Our next question is from Dennis Coleman, Bank of America, Merrill Lynch. Please proceed with your question.

D
Dennis Coleman
Bank of America Merrill Lynch

Great, thanks. Thanks for getting me in here. I guess maybe if we can start with Mariner East. Obviously, you mentioned you have 99% done on ME2x. What's left to do there? Obviously, there's been quite a bit said and written and that last 1% seems to be the sticking point. But any update, you can get there will be helpful.

K
Kevin Smith
EVP, Engineering and Construction

Sure, this is Kevin. We still have a number of HTDs and crossings to complete. That's all going per the plan. And as Tom mentioned in his opening statements, we're still very confident that we'll be able to put ME2x in service by end of fourth quarter.

D
Dennis Coleman
Bank of America Merrill Lynch

And I guess, on just ME2 the last mile there the workaround has that been resolved?
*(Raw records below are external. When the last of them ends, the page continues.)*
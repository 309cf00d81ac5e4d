-- ===== src/Mappings.antt =====
-- The `mappings` table, and the statements of copier/src/copier/db/repo.py that read and write it. A
-- write is one SQL statement, or one transaction over locked rows: it happens whole. `none` is an
-- exception (MappingNotFound, or the unique index on client_order_id), which changes nothing. Rows
-- stand in the order of their creation; `updated_at`, `created_at` and the master's fill are not kept.
-- The expiry of stale MT5 commands, which writes rows too, is in Outbox.
pub mod Writes
pub mod Reads
pub mod Copies
pub mod Owner
pub mod Volumes
pub mod Unique
use forex_automated_copy_tra.Base.{
  ℕ, zero, suc, ◌+◌, ◌-◌, min, Bool, true, false, ◌&&◌, Option, none, some, List, [], ◌∷◌, ◌++◌,
  leb, ◌==◌, if◌then◌else◌, String, Option-cases,
}
use forex_automated_copy_tra.Text.{Text, text_eq}
use forex_automated_copy_tra.Models.{PositionMappingEntry, OrderMappingEntry}

pub data MappingStatus : Type 0 where
  pending active closed failed : MappingStatus

-- A row; `F` is the type of a fill price.
pub record Mapping (F : Type 0) : Type 0 where
  pub master_position_id : Option ℕ
  pub master_order_id : Option ℕ
  pub slave_account_id : ℕ
  pub slave_position_id : Option ℕ
  pub slave_order_id : Option ℕ
  pub slave_volume : Option ℕ
  pub client_order_id : Option Text
  pub status : MappingStatus
  pub error : Option Text
  pub org_id : ℕ
  pub symbol : Option String
  pub fill_price : Option F

abbrev pub is_active : MappingStatus → Bool
is_active active = true
is_active _ = false

-- `column = value`, which is not true of NULL.
abbrev pub is_value : Option ℕ → ℕ → Bool
is_value none n = false
is_value (some m) n = m == n

abbrev pub is_text : Option Text → Text → Bool
is_text none t = false
is_text (some s) t = text_eq s t

abbrev pub or_zero : Option ℕ → ℕ
or_zero none = 0
or_zero (some n) = n

abbrev pub coalesce {ℓ} : {A : Type ℓ} → Option A → Option A → Option A
coalesce none y = y
coalesce (some x) y = some x

-- `CASE WHEN slave_volume - closed <= 0 THEN 'closed' ELSE 'active' END`; NULL is not <= 0.
abbrev pub status_after : Option ℕ → ℕ → MappingStatus
status_after none taken = active
status_after (some held) taken = if leb held taken then closed else active

module _ {F : Type 0} where
  -- `UPDATE mappings SET ... WHERE ...`
  unfoldable pub update :
      (Mapping F → Bool) → (Mapping F → Mapping F) → List (Mapping F) → List (Mapping F)
  update test change [] = []
  update test change (r ∷ rows) = (if test r then change r else r) ∷ update test change rows

  -- `cursor.rowcount` is not 0.
  unfoldable pub matches : (Mapping F → Bool) → List (Mapping F) → Bool
  matches test [] = false
  matches test (r ∷ rows) = let rest = matches test rows in if test r then true else rest

  -- An update that raises MappingNotFound when no row matches.
  unfoldable pub update_or_raise :
      (Mapping F → Bool) → (Mapping F → Mapping F) → List (Mapping F) → Option (List (Mapping F))
  unfolding update matches
  update_or_raise test change rows =
      if matches test rows then some (update test change rows) else none

  abbrev pub has_coid : Text → Mapping F → Bool
  has_coid coid r = is_text r.client_order_id coid

  -- The predicate `client_order_id = ... AND slave_account_id = ...`.
  abbrev pub owns_coid : ℕ → Text → Mapping F → Bool
  owns_coid account coid r = is_text r.client_order_id coid && r.slave_account_id == account

  -- The predicate `slave_account_id = ... AND slave_order_id = ... AND status = 'active'`.
  abbrev pub owns_order : ℕ → ℕ → Mapping F → Bool
  owns_order account order r =
      r.slave_account_id == account && is_value r.slave_order_id order && is_active r.status

  -- The rows that are inserted; the columns that the statements do not name are NULL.
  abbrev pub position_row : ℕ → ℕ → Text → ℕ → Option String → Mapping F
  position_row master_position account coid org symbol = record {
    master_position_id = some master_position;
    master_order_id = none;
    slave_account_id = account;
    slave_position_id = none;
    slave_order_id = none;
    slave_volume = none;
    client_order_id = some coid;
    status = pending;
    error = none;
    org_id = org;
    symbol = symbol;
    fill_price = none;
  }

  abbrev pub order_row : ℕ → ℕ → Text → ℕ → Option String → Mapping F
  order_row master_order account coid org symbol = record {
    master_position_id = none;
    master_order_id = some master_order;
    slave_account_id = account;
    slave_position_id = none;
    slave_order_id = none;
    slave_volume = none;
    client_order_id = some coid;
    status = pending;
    error = none;
    org_id = org;
    symbol = symbol;
    fill_price = none;
  }

  -- `ON CONFLICT (client_order_id) DO NOTHING`
  unfoldable pub create_position_mapping :
      ℕ → ℕ → Text → ℕ → Option String → List (Mapping F) → List (Mapping F)
  unfolding matches
  create_position_mapping master_position account coid org symbol rows =
      if matches (has_coid coid) rows
      then rows
      else rows ++ position_row master_position account coid org symbol ∷ []

  unfoldable pub create_order_mapping :
      ℕ → ℕ → Text → ℕ → Option String → List (Mapping F) → Option (List (Mapping F))
  unfolding matches
  create_order_mapping master_order account coid org symbol rows =
      if matches (has_coid coid) rows
      then none
      else some (rows ++ order_row master_order account coid org symbol ∷ [])

  abbrev pub adopted_row : ℕ → ℕ → ℕ → ℕ → ℕ → Mapping F
  adopted_row master_position account position volume org = record {
    master_position_id = some master_position;
    master_order_id = none;
    slave_account_id = account;
    slave_position_id = some position;
    slave_order_id = none;
    slave_volume = some volume;
    client_order_id = none;
    status = active;
    error = none;
    org_id = org;
    symbol = none;
    fill_price = none;
  }

  unfoldable pub adopt_position_mapping : ℕ → ℕ → ℕ → ℕ → ℕ → List (Mapping F) → List (Mapping F)
  adopt_position_mapping master_position account position volume org rows =
      rows ++ adopted_row master_position account position volume org ∷ []

  unfoldable pub activate_position_mapping :
      ℕ → Text → ℕ → ℕ → Option F → List (Mapping F) → Option (List (Mapping F))
  unfolding update_or_raise
  activate_position_mapping account coid position volume price =
      update_or_raise (owns_coid account coid) (λ r. record r {
        slave_position_id = some position;
        slave_volume = some (or_zero r.slave_volume + volume);
        fill_price = coalesce r.fill_price price;
        status = active;
      })

  unfoldable pub activate_order_mapping :
      ℕ → Text → ℕ → List (Mapping F) → Option (List (Mapping F))
  unfolding update_or_raise
  activate_order_mapping account coid order =
      update_or_raise (owns_coid account coid)
        (λ r. record r { slave_order_id = some order; status = active })

  unfoldable pub fail_mapping : ℕ → Text → Text → List (Mapping F) → Option (List (Mapping F))
  unfolding update_or_raise
  fail_mapping account coid error =
      update_or_raise (owns_coid account coid)
        (λ r. record r { status = failed; error = some error })

  unfoldable pub close_order_mapping : ℕ → ℕ → List (Mapping F) → Option (List (Mapping F))
  unfolding update_or_raise
  close_order_mapping account order =
      update_or_raise (owns_order account order) (λ r. record r { status = closed })

  unfoldable pub link_pending_fill : ℕ → ℕ → ℕ → List (Mapping F) → Option (List (Mapping F))
  unfolding update_or_raise
  link_pending_fill master_order account master_position =
      update_or_raise
        (λ r.
          is_value r.master_order_id master_order
          && r.slave_account_id == account
          && is_active r.status)
        (λ r. record r { master_position_id = some master_position })

  unfoldable pub activate_pending_fill :
      ℕ → ℕ → ℕ → ℕ → Option F → List (Mapping F) → Option (List (Mapping F))
  unfolding update_or_raise
  activate_pending_fill account order position volume price =
      update_or_raise (owns_order account order) (λ r. record r {
        slave_position_id = some position;
        slave_volume = some volume;
        fill_price = coalesce r.fill_price price;
        status = active;
      })

  -- The `WHERE` of `reduce_position_mapping`: the id alone if it is given, else the position.
  abbrev pub reduces : ℕ → ℕ → Option Text → Mapping F → Bool
  reduces account position none r =
      r.slave_account_id == account && is_active r.status && is_value r.slave_position_id position
  reduces account position (some coid) r =
      r.slave_account_id == account && is_active r.status && is_text r.client_order_id coid

  unfoldable pub reduce_position_mapping :
      ℕ → ℕ → ℕ → Option Text → List (Mapping F) → List (Mapping F)
  unfolding update
  reduce_position_mapping account position taken coid = update (reduces account position coid) (λ r.
      record r {
        slave_volume = some (or_zero r.slave_volume - taken);
        status = status_after r.slave_volume taken;
      })

  -- The walk of `reduce_position_mappings_fifo`, oldest row first, with the volume that remains.
  unfoldable pub reduce_fifo : ℕ → ℕ → ℕ → List (Mapping F) → List (Mapping F)
  reduce_fifo account position remaining [] = []
  reduce_fifo account position remaining (r ∷ rows) =
      let on_ticket = reduces account position none r in
      let held = or_zero r.slave_volume in
      let taken = if on_ticket then min held remaining else 0 in
      (if on_ticket && leb 1 taken
        then record r {
          slave_volume = some (held - taken);
          status = status_after (some held) taken;
        }
        else r)
      ∷ reduce_fifo account position (remaining - taken) rows

-- An exception leaves the table as it was.
abbrev pub or_unchanged :
    {F : Type 0} → List (Mapping F) → Option (List (Mapping F)) → List (Mapping F)
or_unchanged rows none = rows
or_unchanged rows (some rows') = rows'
Is that still part of this last 1%?

T
Thomas Long
Chief Financial Officer

Yeah. No, I'm not – we're not sure what you mean the last work around ME2.

D
Dennis Coleman
Bank of America Merrill Lynch

Well, you had the pipes that you repurposed to make ME2 functional.

T
Thomas Long
Chief Financial Officer

The GRE, I got it. Yeah. I think the way we will answer that and how it's going is that right now we're focused on getting to Exane [ph], which will give us really three pipelines through that area to Marcus Hook. And then later and 2020 will finalize the last segment, which will give us kind of the max capacity that we will need in the future through that area in the Marcus Hook.

D
Dennis Coleman
Bank of America Merrill Lynch

Okay. And then when I – I have asked before, but on the Orbit deal. Obviously, the rhetoric and trade noise continue, doesn't seem to be impacting your project there. But any comments or color would be useful?

T
Thomas Long
Chief Financial Officer

Yeah, it doesn't have any impact at all, we're moving forward with our own time. They're continuously – in fact several weeks ago, they came in and they're moving forward. And I think both sides would like to see it end at some point, and we all believe it will. We're not sure how long it will be. But from Energy Transfer's standpoint our focus is finding a home for our liquids. And if that means China it means China, if it means other parts of the world and that's what we're doing. So we certainly have expanded out to other areas. But we remain in negotiations with several – a number of Chinese companies. And as soon as the tariffs are lifted, we expect to move forward, hopefully on other projects, but in the meantime, Satellite's going very well.

D
Dennis Coleman
Bank of America Merrill Lynch

Alright, that's it for me. Thanks.

Operator

We've reached the end of the question-answer-session. And I will now turn the call back over to Tom long for closing remarks.

T
Thomas Long
Chief Financial Officer

Yeah. Once again, we just want to thank all of you out there for joining us today. We really appreciate the support. We remain very, very excited about the performance of our existing assets and of course, to be able to talk to all of you today about all the projects that we have coming online. We look forward to any other questions, follow up questions later that you all might have and look forward to meeting with you in the near future. That's all operator, thanks.

Operator

This concludes today's conference. You may disconnect your lines at this time. Thank you for your participation.